Complications from bladder cancer include adverse effects from treatment and symptoms. Weight loss, exhaustion, urinary tract infections, metastases, and urine blockage resulting in chronic renal failure are among the consequences associated with tumors. Urinary tract infections, bladder stones, vaginal stricture, urinary tract obstruction, and erectile dysfunction are among the adverse effects of surgical treatment. In the first 3 months following surgery, over two-thirds of patients undergoing radical cystectomies will encounter at least 1 postoperative problem, and 13% will experience a severe complication (grade 3 or above) [7].
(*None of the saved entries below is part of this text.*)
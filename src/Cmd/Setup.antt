-- ===== src/Cmd/Setup.antt =====
-- sprintcmd/setup_cmd.go: the first start of a node. What `GenerateToken` gives, the account of the
-- process, the clock and the texts of errors are what the functions are given. What is printed and the
-- property 'application.boot' are left out.
pub mod Starting
use sprintframework.Common.{ℕ, ◌+◌, ◌*◌, true, Option, none, some, List, [], ◌∷◌}
use sprintframework.Common.{Bytes, codes, ◌==◌, bytes_eq, if◌then◌else◌, Result, ok, err}
use sprintframework.Strconv.{pos}
use sprintframework.Utils.Tokens.{Encoding, Jwt, AuthorizedUser, AuthError, generate_auth_token}
use sprintframework.Core.Store.{Store}
use sprintframework.Core.ConfigRepository.{Repository, Fault, get, set}
use sprintframework.Client.{Failure, plain}
use sprintframework.Cmd.{Cores, do_in_core}

abbrev pub secret_name : Bytes
secret_name = codes "jwt.secret.key"

-- The user that the token is for. Its context is the nil map.
abbrev pub setup_user : Bytes → ℕ → AuthorizedUser
setup_user name now = record {
  username = name;
  roles = some ((codes "USER", true) ∷ (codes "ADMIN", true) ∷ []);
  context = none;
  expires_at = pos (now + 356 * 24 * 3600);
  token = [];
}

-- The texts of the errors.
pub record Texts (E F G : Type 0) : Type 0 where
  pub store : E → Bytes
  pub encoding : F → Bytes
  pub token : G → Bytes

module _ (C : Encoding) (J : Jwt) (S : Store)
    (texts : Texts (Fault S.Error) C.Error (AuthError J.Error)) where
  unfoldable pub decoded : Result C.Error Bytes → Result Failure Bytes
  decoded (ok key) = ok key
  decoded (err e) = err (plain (texts.encoding e))

  unfoldable pub stored :
      Bytes → Option (Fault S.Error) × Repository S × List ℕ → Result Failure Bytes × Repository S
  unfolding decoded
  stored secret (none, u, handles) = (decoded (C.decode secret), u)
  stored secret (some e, u, handles) = (err (plain (texts.store e)), u)

  unfoldable pub made : Result Bytes Bytes → Repository S → Result Failure Bytes × Repository S
  unfolding stored
  made (err e) t = (err (plain e), t)
  made (ok secret) t = stored secret (set S t secret_name secret)

  unfoldable pub key_of :
      Result Bytes Bytes
      → Repository S
      → Result (Fault S.Error) Bytes
      → Result Failure Bytes × Repository S
  unfolding made decoded
  key_of fresh t (err e) = (err (plain (texts.store e)), t)
  key_of fresh t (ok secret) = if secret == [] then made fresh t else (decoded (C.decode secret), t)

  -- The callback in the core: the key of the secret, which is made if there is none.
  unfoldable pub setup_core :
      Result Bytes Bytes → Repository S → Result Failure Bytes × Repository S
  unfolding key_of
  setup_core fresh t = key_of fresh t (get S t secret_name)

  unfoldable pub printed : Bytes → Result (AuthError J.Error) Bytes → Result Failure (Bytes × Bytes)
  printed boot (ok auth) = ok (boot, auth)
  printed boot (err e) = err (plain (texts.token e))

  unfoldable pub signed :
      Bytes → Result Bytes Bytes → ℕ → Result Failure Bytes → Result Failure (Bytes × Bytes)
  unfolding printed
  signed boot account now (err e) = err e
  signed boot (err e) now (ok key) = err (plain e)
  signed boot (ok name) now (ok key) =
      printed boot (generate_auth_token J (some key) (some (setup_user name now)))

  -- `Run`, with what the two calls of `GenerateToken` give: the two tokens that it exports, and
  -- the core that it leaves.
  unfoldable pub setup :
      Result Bytes Bytes
      → Result Bytes Bytes
      → Result Bytes Bytes
      → ℕ
      → Cores (Repository S)
      → Result Failure (Bytes × Bytes) × Option (Repository S)
  unfolding signed setup_core
  setup (err e) fresh account now cores = (err (plain e), none)
  setup (ok boot) fresh account now cores =
      let (r, core) = do_in_core cores (setup_core fresh) in (signed boot account now r, core)
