-- ===== src/Server/Authorization/Start.antt =====
-- sprintserver/authorization_middleware.go: the start of the middleware, which makes a secret key
-- and a first token if there is none. The store of properties, the random source, the account of
-- the process and the clock are what the functions are given.
use sprintframework.Common.{ℕ, ◌+◌, ◌*◌, true, Option, none, some, List, [], ◌∷◌}
use sprintframework.Common.{Bytes, codes, ◌==◌, bytes_eq, if◌then◌else◌, Result, ok, err}
use sprintframework.Strconv.{pos}
use sprintframework.Utils.Tokens.{
  Encoding, Jwt, AuthorizedUser, AuthError, generate_token, generate_auth_token,
}

-- `E` is the type of the errors of the operating system and of the configuration.
pub data StartError (E D A : Type 0) : Type 0 where
  no_token : E → StartError E D A
  not_set : E → StartError E D A
  not_encoded : D → StartError E D A
  no_account : E → StartError E D A
  not_authorized : AuthError A → StartError E D A

-- The user of the first token.
abbrev pub first_user : Bytes → ℕ → AuthorizedUser
first_user name now = record {
  username = name;
  roles = some ((codes "USER", true) ∷ (codes "ADMIN", true) ∷ []);
  context = some [];
  expires_at = pos (now + 356 * 24 * 3600);
  token = [];
}

module _ (C : Encoding) (J : Jwt) (E : Type 0) where
  abbrev pub Failing : Type 0 → Type 0
  Failing A = Result (StartError E C.Error J.Error) A

  unfoldable pub signed_first : Result (AuthError J.Error) Bytes → Failing Bytes
  signed_first (ok token) = ok token
  signed_first (err e) = err (not_authorized e)

  -- `generateDefaultAuthToken`
  unfoldable pub generate_default_auth_token : Result E Bytes → ℕ → Bytes → Failing Bytes
  generate_default_auth_token account now secret = elim (C.decode secret) [
    | err e ↦ err (not_encoded e)
    | ok key ↦ elim account [
      | err e ↦ err (no_account e)
      | ok name ↦ signed_first (generate_auth_token J (some key) (some (first_user name now)))
    ]
  ]

  -- The key of a secret, with the token that was printed, if one was.
  unfoldable pub keyed : Option Bytes → Bytes → Failing (Bytes × Option Bytes)
  keyed token secret = elim (C.decode secret) [
    | err e ↦ err (not_encoded e)
    | ok key ↦ ok (key, token)
  ]

  unfoldable pub printed : Bytes → Failing Bytes → Failing (Bytes × Option Bytes)
  printed secret (err e) = err e
  printed secret (ok token) = keyed (some token) secret

  unfoldable pub generated :
      (Bytes → Option E) → Result E Bytes → ℕ → Result E Bytes → Failing (Bytes × Option Bytes)
  generated set_property account now (err e) = err (no_token e)
  generated set_property account now (ok secret) = elim (set_property secret) [
    | some e ↦ err (not_set e)
    | none ↦ printed secret (generate_default_auth_token account now secret)
  ]

  -- `PostConstruct`, over the property `jwt.secret.key`. `none` tells that the generation of a
  -- token wants a further read of the random source.
  unfoldable pub post_construct :
      (Bytes → Option E)
      → Result E Bytes
      → ℕ
      → List (Result E Bytes)
      → Bytes
      → Option (Failing (Bytes × Option Bytes))
  post_construct set_property account now reads secret =
      if secret == []
      then elim (generate_token C reads) [
        | none ↦ none
        | some r ↦ some (generated set_property account now r)
      ]
      else some (keyed none secret)
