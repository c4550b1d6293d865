-- ===== src/Server/Authorization/FirstToken.antt =====
-- The token that the first start prints is the one of an administrator, then and later.
use sprintframework.Common.{
  ℕ, true, Option, none, some, List, [], ◌≡◌, ◌≢◌, refl, sym, ap, ◌∙◌, arith, inl, inr,
  Option-cases, Result-cases,
}
use sprintframework.Common.{Bytes, codes, bytes_eq, Result, ok, err, ==_of_ne}
use sprintframework.Common.Dict
use sprintframework.Utils.Tokens.{
  Encoding, Jwt, AuthError, claims_of, has_role, generate_token, generate_auth_token,
  verify_auth_token,
}
use sprintframework.Utils.Tokens.Users.{verify-generate_auth_token, recovered, mentions_role}
use sprintframework.Server.Authorization.Start.{
  first_user, no_account, not_set, Failing, signed_first, generate_default_auth_token, keyed,
  printed, generated, post_construct,
}

module _ (C : Encoding) (J : Jwt) (E : Type 0) where
  keyed-ok :
      (token printed_token : Option Bytes) (secret key : Bytes)
      → keyed C J E token secret ≡ ok (key, printed_token)
      → (C.decode secret ≡ ok key) × (token ≡ printed_token)
  unfolding keyed
  keyed-ok token printed_token secret key h = elim (Result-cases (C.decode secret)) [
    | inl (k, e) ↦ ground arith
    | inr (x, e) ↦ ground arith
  ]

  first_user-mentions :
      (name : Bytes) (now : ℕ) → mentions_role (first_user name now).roles (codes "ADMIN") ≡ true
  unfolding Dict.lookup bytes_eq
  first_user-mentions name now = refl

  ok_same : (a b : Bytes) → ◌≡◌ {A = Result C.Error Bytes} (ok a) (ok b) → a ≡ b
  ok_same a b h = ground arith

  no_name :
      {e : E} {token : Bytes} → ◌≡◌ {A = Failing C J E Bytes} (err (no_account e)) (ok token) → ⊥
  no_name h = absurd (ground arith)

  not_stored :
      (e : E) (key token : Bytes)
      → ◌≡◌ {A = Failing C J E (Bytes × Option Bytes)} (err (not_set e)) (ok (key, some token))
      → ⊥
  not_stored e key token h = absurd (ground arith)

  no_read :
      (key token : Bytes)
      → ◌≡◌ {A = Option (Failing C J E (Bytes × Option Bytes))} none (some (ok (key, some token)))
      → ⊥
  no_read key token h = absurd (ground arith)

  inside :
      (r : Failing C J E (Bytes × Option Bytes)) (key token : Bytes)
      → ◌≡◌ {A = Option (Failing C J E (Bytes × Option Bytes))}
          (some r)
          (some (ok (key, some token)))
      → r ≡ ok (key, some token)
  inside r key token h = ground arith

  signed_first-ok :
      (r : Result (AuthError J.Error) Bytes) (token : Bytes)
      → signed_first C J E r ≡ ok token
      → r ≡ ok token
  unfolding signed_first
  signed_first-ok (ok t) token h = ground arith
  signed_first-ok (err e) token h = absurd (ground arith)

  generate_default_auth_token-ok :
      (account : Result E Bytes) (now : ℕ) (secret key token : Bytes)
      → C.decode secret ≡ ok key
      → generate_default_auth_token C J E account now secret ≡ ok token
      → (name : Bytes) × (account ≡ ok name)
        × (generate_auth_token J (some key) (some (first_user name now)) ≡ ok token)
  unfolding generate_default_auth_token
  generate_default_auth_token-ok (err e) now secret key token d h =
      absurd (no_name (rw (d, generate_default_auth_token) at h))
  generate_default_auth_token-ok (ok name) now secret key token d h = (
    name,
    refl,
    signed_first-ok (generate_auth_token J (some key) (some (first_user name now))) token
        (rw (d, generate_default_auth_token) at h),
  )

  printed-ok :
      (secret key token : Bytes) (r : Failing C J E Bytes)
      → printed C J E secret r ≡ ok (key, some token)
      → (r ≡ ok token) × (C.decode secret ≡ ok key)
  unfolding printed
  printed-ok secret key token (err e) h = absurd (ground arith)
  printed-ok secret key token (ok t) h =
      let (decoded, same) = keyed-ok (some t) (some token) secret key h in (ground arith, decoded)

  generated-ok :
      (set_property : Bytes → Option E) (account : Result E Bytes) (now : ℕ) (key token : Bytes)
      (r : Result E Bytes)
      → generated C J E set_property account now r ≡ ok (key, some token)
      → (secret : Bytes) × (set_property secret ≡ none)
        × (C.decode secret ≡ ok key)
        × (generate_default_auth_token C J E account now secret ≡ ok token)
  unfolding generated
  generated-ok set_property account now key token (err e) h = absurd (ground arith)
  generated-ok set_property account now key token (ok secret) h =
      elim (Option-cases (set_property secret)) [
        | inl e ↦
            let (made, decoded) =
              printed-ok secret key token (generate_default_auth_token C J E account now secret)
                (rw (e, generated) at h) in
            (secret, e, decoded, made)
        | inr (x, e) ↦ absurd (not_stored x key token (rw (e, generated) at h))
      ]

  post_construct-first :
      (set_property : Bytes → Option E) (account : Result E Bytes) (now : ℕ)
      (reads : List (Result E Bytes)) (key token : Bytes)
      → post_construct C J E set_property account now reads [] ≡ some (ok (key, some token))
      → (r : Result E Bytes) × (generated C J E set_property account now r ≡ ok (key, some token))
  unfolding post_construct bytes_eq
  post_construct-first set_property account now reads key token h =
      elim (Option-cases (generate_token C {E = E} reads)) [
        | inl e ↦ absurd (no_read key token (rw e at h))
        | inr (r, e) ↦ (r, inside _ key token (rw e at h))
      ]

  pub post_construct-later :
      (set_property : Bytes → Option E) (account : Result E Bytes) (now : ℕ)
      (reads : List (Result E Bytes)) (secret key : Bytes)
      → secret ≢ []
      → C.decode secret ≡ ok key
      → post_construct C J E set_property account now reads secret ≡ some (ok (key, none))
  unfolding post_construct keyed
  post_construct-later set_property account now reads secret key ne e =
      rw (==_of_ne secret [] ne) (rw (e, keyed) refl)

  -- If the start finds no secret and succeeds with a key that is not empty and a token, it has stored a secret that
  -- later starts decode to the same key, without making another token. Where jwt takes back what
  -- it has signed for the first user, that key verifies the token as one of the account of the
  -- process with the role ADMIN.
  pub first_token_is_admin :
      (set_property later_set : Bytes → Option E) (account later_account : Result E Bytes)
      (now later : ℕ) (reads later_reads : List (Result E Bytes)) (key token : Bytes)
      → C.decode [] ≡ ok []
      → key ≢ []
      → ((name t : Bytes)
          → J.sign key (claims_of (first_user name now)) ≡ ok t
          → J.parse key t ≡ ok (claims_of (first_user name now), true))
      → post_construct C J E set_property account now reads [] ≡ some (ok (key, some token))
      → (secret name : Bytes) × (set_property secret ≡ none)
        × (post_construct C J E later_set later_account later later_reads secret
            ≡ some (ok (key, none)))
        × (verify_auth_token J (some key) token ≡ ok (recovered J (first_user name now) token))
        × (has_role (recovered J (first_user name now) token).roles (codes "ADMIN") ≡ true)
  first_token_is_admin set_property later_set account later_account now later reads later_reads key
        token empty ne law h =
      let (r, made) = post_construct-first set_property account now reads key token h in
      let (secret, stored, decoded, first) =
        generated-ok set_property account now key token r made in
      let (name, _, signed) =
        generate_default_auth_token-ok account now secret key token decoded first in
      let (verified, roles) =
        verify-generate_auth_token J key (first_user name now) (law name) signed in
      let given : secret ≢ [] = λ e. ne (ok_same key [] (sym decoded ∙ ap C.decode e ∙ empty)) in
      (
        secret,
        name,
        stored,
        post_construct-later later_set later_account later later_reads secret key given decoded,
        verified,
        roles (codes "ADMIN") ∙ first_user-mentions name now,
      )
Bladder cancer has a high probability of recurrence and progression [8]. Survival varies greatly with stage and between non-invasive and invasive cases [9]. Research in Kurdistan found that patients with bladder cancer have a relatively low survival rate [10]. Research in Malaysia also found that the survival of bladder cancer patients is lower in patients with advanced stages [11]. The psychological state of the patient is connected to this low survival rate. Older patients with muscle-invasive bladder cancer who also had a pre-existing mental illness had a lower chance of receiving therapy according to guidelines, which led to poor overall and disease-specific survival [12]. A 2018 report by Jazzar et al. found that 1870 (50.4%) of 3709 patients with a diagnosis of bladder cancer had a diagnosis of psychological problems following therapy. The overall and cancer-specific survival rates were significantly poorer when a mental illness was diagnosed [13]. Depression and anxiety were more common in women and individuals undergoing more drastic therapies [14]. Psychological distress is commonly seen in patients with health conditions and has been associated with poorer health outcomes and treatment noncompliance. Therefore, understanding the nature of psychological distress and providing timely psychological therapy is crucial for both patients and healthcare providers [15]. Urologists may gain a unique opportunity to diagnose mental health issues, encourage healthy behavior change, and successfully refer patients who may not otherwise seek proper medical/psychological care [16]. This demonstrates the importance of considering mental well-being during the follow-up period for early recognition and treatment of mental health problems. However, current evidence is mixed, so more research is needed to explore at-risk patients [17]. One way to overcome and prevent mental problems is by understanding the existing risk factors.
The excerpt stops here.